O encontro dos chefes de Estado e de Governo dos 55 Estados-membros da organização acontece num contexto em que a União Africana decidiu dedicar o ano de 2019 aos refugiados, retornados e deslocados internos no continente africano.
Em cima da mesa estará, no âmbito do projeto de reforma da organização, a proposta de criação de um departamento de saúde, assuntos humanitários e desenvolvimento social para tratar as questões dos refugiados e deslocados, retirando-as do atual departamento de assuntos políticos.
África acolhe 6,3 milhões de refugiados e 14,5 milhões de deslocados internos e, com a criação do novo departamento, a União Africana pretende sinalizar a sua preocupação com esta realidade e a vontade de atacar as suas causas.
Para o presidente da comissão da UA, Moussa Faki Mahamat, a escolha deste tema “ilustra a renovada vontade dos líderes de encontrarem uma resposta duradoura para a incómoda questão dos deslocamentos forçados”.
“Temos uma dupla responsabilidade. Por um lado, é importante que África, enquanto procura o contínuo apoio da comunidade internacional, contribua mais significativamente para a mobilização de ajuda humanitária. […] Por outro lado, devemos atuar mais eficazmente nos conflitos e crises que são a causa primeira dos deslocamentos forçados”, defendeu.

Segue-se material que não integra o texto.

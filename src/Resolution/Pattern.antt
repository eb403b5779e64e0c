-- ===== src/Resolution/Pattern.antt =====
-- scheduler/src/resolution.rs: `like_pattern_for_batch_id`, the prefilter of the log by batch id.
-- `serde_json::to_string` is a parameter, and `Matches` is SQL's `LIKE … ESCAPE '\'`.
use agentbeacon.Resolution.Size.Escape.{escape}
use agentbeacon.Json.{Json, Fields, obj, arr, str, field, end, cons, nil}
use agentbeacon.Resolution.Marker.{marker_payload, marker_data}
use agentbeacon.Resolution.Size.Written.{write, write_fields, quoted}
use agentbeacon.Base.{
  Char, String, Bool, Option, if◌then◌else◌, unwrap_or, ◌≡◌, ◌⧺◌, ap, code, false, nil-append, none,
  some, Bool-cases, cons-append, is_empty, sym, ◌∙◌, ◌==◌, ◌>>=◌, ◌||◌, refl, inl, inr, ℤ, true,
}

-- `str::strip_prefix('"')` and `str::strip_suffix('"')`.
unfoldable pub strip_prefix : String → Option String
strip_prefix String.[] = none
strip_prefix (String.◌∷◌ c s) = if code c == 34 then some s else none

unfoldable pub strip_suffix : String → Option String
strip_suffix String.[] = none
strip_suffix (String.◌∷◌ c s) =
    let rest = strip_suffix s in
    if is_empty s
    then (if code c == 34 then some "" else none)
    else (do t ← rest; some (String.◌∷◌ c t))

-- The test for a character that `LIKE` reads specially, and the loop that escapes it.
unfoldable pub is_special : Char → Bool
is_special c = code c == 92 || code c == 37 || code c == 95

unfoldable pub like_escape : String → String
like_escape String.[] = ""
like_escape (String.◌∷◌ c s) =
    let rest = String.◌∷◌ c (like_escape s) in if is_special c then String.◌∷◌ "\\" rest else rest

-- The text between the quotes, or the whole text.
unfoldable pub strip_quotes : String → String
unfolding strip_prefix strip_suffix
strip_quotes encoded = unwrap_or (do s ← strip_prefix encoded; strip_suffix s) encoded

unfoldable pub like_pattern_for_batch_id : (String → Option String) → String → String
unfolding strip_quotes like_escape
like_pattern_for_batch_id to_string batch_id =
    let encoded = unwrap_or (to_string batch_id) batch_id in
    String.◌∷◌ "%" (like_escape (strip_quotes encoded) ⧺ "%")

-- A pattern matches a text.
pub data Matches : String → String → Type 0 where
  done : Matches String.[] String.[]
  literal :
      (c : Char) (p t : String)
      → is_special c ≡ false
      → Matches p t
      → Matches (String.◌∷◌ c p) (String.◌∷◌ c t)
  escaped :
      (c : Char) (p t : String)
      → Matches p t
      → Matches (String.◌∷◌ "\\" (String.◌∷◌ c p)) (String.◌∷◌ c t)
  one : (c : Char) (p t : String) → Matches p t → Matches (String.◌∷◌ "_" p) (String.◌∷◌ c t)
  any_none : (p t : String) → Matches p t → Matches (String.◌∷◌ "%" p) t
  any_more :
      (c : Char) (p t : String)
      → Matches (String.◌∷◌ "%" p) t
      → Matches (String.◌∷◌ "%" p) (String.◌∷◌ c t)

append_assoc : (a b c : String) → ((a ⧺ b) ⧺ c) ≡ (a ⧺ (b ⧺ c))
append_assoc String.[] b c = rw (nil-append b) (sym (nil-append (b ⧺ c)))
append_assoc (String.◌∷◌ x a) b c =
    rw (cons-append x a b, cons-append x (a ⧺ b) c, cons-append x a (b ⧺ c))
      (ap (String.◌∷◌ x) (append_assoc a b c))

is_empty-quoted : (s : String) → is_empty (s ⧺ "\"") ≡ false
is_empty-quoted String.[] = refl
is_empty-quoted (String.◌∷◌ c s) = rw (cons-append c s "\"") refl

strip_suffix-append : (s : String) → strip_suffix (s ⧺ "\"") ≡ some s
unfolding strip_suffix
strip_suffix-append String.[] = refl
strip_suffix-append (String.◌∷◌ c s) =
    rw (cons-append c s "\"", is_empty-quoted s, strip_suffix-append s) refl

strip_quotes-quoted : (s : String) → strip_quotes ("\"" ⧺ (s ⧺ "\"")) ≡ s
unfolding strip_quotes strip_prefix
strip_quotes-quoted s =
    rw (cons-append "\"" "" (s ⧺ "\""), nil-append (s ⧺ "\""), strip_suffix-append s) refl

Matches-all : (t : String) → Matches "%" t
Matches-all String.[] = any_none _ _ done
Matches-all (String.◌∷◌ c t) = any_more _ _ _ (Matches-all t)

Matches-before :
    {p t : String} (a : String) → Matches (String.◌∷◌ "%" p) t → Matches (String.◌∷◌ "%" p) (a ⧺ t)
Matches-before {p} {t} String.[] h = rw (nil-append t) h
Matches-before {p} {t} (String.◌∷◌ c a) h =
    rw (cons-append c a t) (any_more _ _ _ (Matches-before a h))

like_escape-special :
    (c : Char) (s : String)
    → is_special c ≡ true
    → like_escape (String.◌∷◌ c s) ≡ String.◌∷◌ "\\" (String.◌∷◌ c (like_escape s))
unfolding like_escape
like_escape-special c s special = rw special refl

like_escape-plain :
    (c : Char) (s : String)
    → is_special c ≡ false
    → like_escape (String.◌∷◌ c s) ≡ String.◌∷◌ c (like_escape s)
unfolding like_escape
like_escape-plain c s plain = rw plain refl

Matches-escaped : (s p t : String) → Matches p t → Matches (like_escape s ⧺ p) (s ⧺ t)
unfolding like_escape
Matches-escaped String.[] p t h = rw (nil-append p, nil-append t) h
Matches-escaped (String.◌∷◌ c s) p t h =
    let rest = like_escape s in
    elim (Bool-cases (is_special c)) [
      | inl special ↦
          rw
            (
              like_escape-special c s special,
              cons-append "\\" (String.◌∷◌ c rest) p,
              cons-append c rest p,
              cons-append c s t,
            )
            (escaped _ _ _ (Matches-escaped s p t h))
      | inr plain ↦
          rw (like_escape-plain c s plain, cons-append c rest p, cons-append c s t)
            (literal _ _ _ plain (Matches-escaped s p t h))
    ]

-- A text that stands somewhere inside another.
Inside : String → String → Type 0
Inside m t = (before after : String) × (t ≡ (before ⧺ (m ⧺ after)))

Inside-left : (m t a : String) → Inside m t → Inside m (a ⧺ t)
unfolding Inside
Inside-left m t a (x, y, e) = (a ⧺ x, y, ap (λ s. a ⧺ s) e ∙ sym (append_assoc a x (m ⧺ y)))

Inside-right : (m t a : String) → Inside m t → Inside m (t ⧺ a)
unfolding Inside
Inside-right m t a (x, y, e) = (
  x,
  y ⧺ a,
  ap (λ s. s ⧺ a) e ∙ (append_assoc x (m ⧺ y) a ∙ ap (λ s. x ⧺ s) (append_assoc m y a)),
)

append_nil : (a : String) → (a ⧺ "") ≡ a
append_nil String.[] = nil-append ""
append_nil (String.◌∷◌ c a) = rw (cons-append c a "") (ap (String.◌∷◌ c) (append_nil a))

Inside-self : (m : String) → Inside m m
unfolding Inside
Inside-self m = (String.[], String.[], sym (nil-append (m ⧺ "") ∙ append_nil m))

Inside-object : (m : String) (fs : Fields) → Inside m (write_fields fs) → Inside m (write (obj fs))
unfolding write
Inside-object m fs h = Inside-left m _ "{" (Inside-right m _ "}" h)

Inside-array : (m : String) (v : Json) → Inside m (write v) → Inside m (write (arr (cons v nil)))
unfolding write
Inside-array m v h = Inside-left m _ "[" (Inside-right m _ "]" h)

Inside-value :
    (m k : String) (v : Json) (fs : Fields)
    → Inside m (write v)
    → Inside m (write_fields (field k v fs))
unfolding write_fields
Inside-value m k v end h = Inside-left m _ (quoted k) (Inside-left m _ ":" h)
Inside-value m k v (field l w fs) h =
    Inside-left m _ (quoted k) (Inside-left m _ ":" (Inside-right m _ _ h))

Inside-later :
    (m k l : String) (v w : Json) (fs : Fields)
    → Inside m (write_fields (field l w fs))
    → Inside m (write_fields (field k v (field l w fs)))
unfolding write_fields
Inside-later m k l v w fs h =
    Inside-left m _ (quoted k)
      (Inside-left m _ ":" (Inside-left m _ (write v) (Inside-left m _ "," h)))

Inside-str : (s : String) → Inside (escape s) (write (str s))
unfolding write quoted
Inside-str s = Inside-left _ _ "\"" (Inside-right _ _ "\"" (Inside-self _))

Inside-marker_payload :
    (b : String) (i : Option ℤ) (r : ℤ) (at : String) (text : Option String) (truncated : Bool)
    → Inside (escape b) (write (marker_payload b i r at text truncated))
unfolding marker_payload marker_data
Inside-marker_payload b i r at text truncated =
    let m = escape b in
    Inside-object m _ (
      Inside-value m _ _ _ (
        Inside-array m _ (
          Inside-object m _ (
            Inside-value m _ _ _ (
              Inside-object m _
                (Inside-later m _ _ _ _ _ (Inside-value m _ _ _ (Inside-str b))))))))

like_pattern_for_batch_id-Matches :
    (to_string : String → Option String) (batch_id t : String)
    → to_string batch_id ≡ some ("\"" ⧺ (escape batch_id ⧺ "\""))
    → Inside (escape batch_id) t
    → Matches (like_pattern_for_batch_id to_string batch_id) t
unfolding like_pattern_for_batch_id Inside
like_pattern_for_batch_id-Matches to_string b t written (x, y, e) =
    rw (written, strip_quotes-quoted (escape b), e)
      (Matches-before x (any_none _ _ (Matches-escaped (escape b) "%" y (Matches-all y))))

-- The prefilter of the log never drops a marker of the batch: if `serde_json::to_string` writes the
-- batch id in quotes, escaped as JSON does, then `LIKE` matches the pattern of the batch with the
-- text of every marker of that batch, whatever characters, wildcards included, the batch id has.
pub prefilter_finds_marker :
    (to_string : String → Option String) (batch_id : String) (escalation : Option ℤ) (event_id : ℤ)
    (at : String) (text : Option String) (truncated : Bool)
    → to_string batch_id ≡ some ("\"" ⧺ (escape batch_id ⧺ "\""))
    → Matches
        (like_pattern_for_batch_id to_string batch_id)
        (write (marker_payload batch_id escalation event_id at text truncated))
prefilter_finds_marker to_string b i r at text truncated written =
    like_pattern_for_batch_id-Matches to_string b _ written
      (Inside-marker_payload b i r at text truncated)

A cimeira, que é antecedida da 34.ª reunião ordinária do Conselho Executivo, composto por ministros dos 55 Estados-membros, a decorrer desde quinta-feira, deverá igualmente validar o consenso obtido em novembro, numa reunião extraordinária sobre a reforma institucional da organização.
No discurso de abertura da reunião do Conselho Executivo, Moussa Faki Mahamat, sublinhou os progressos alcançados no processo de criação da Zona de Comércio Livre.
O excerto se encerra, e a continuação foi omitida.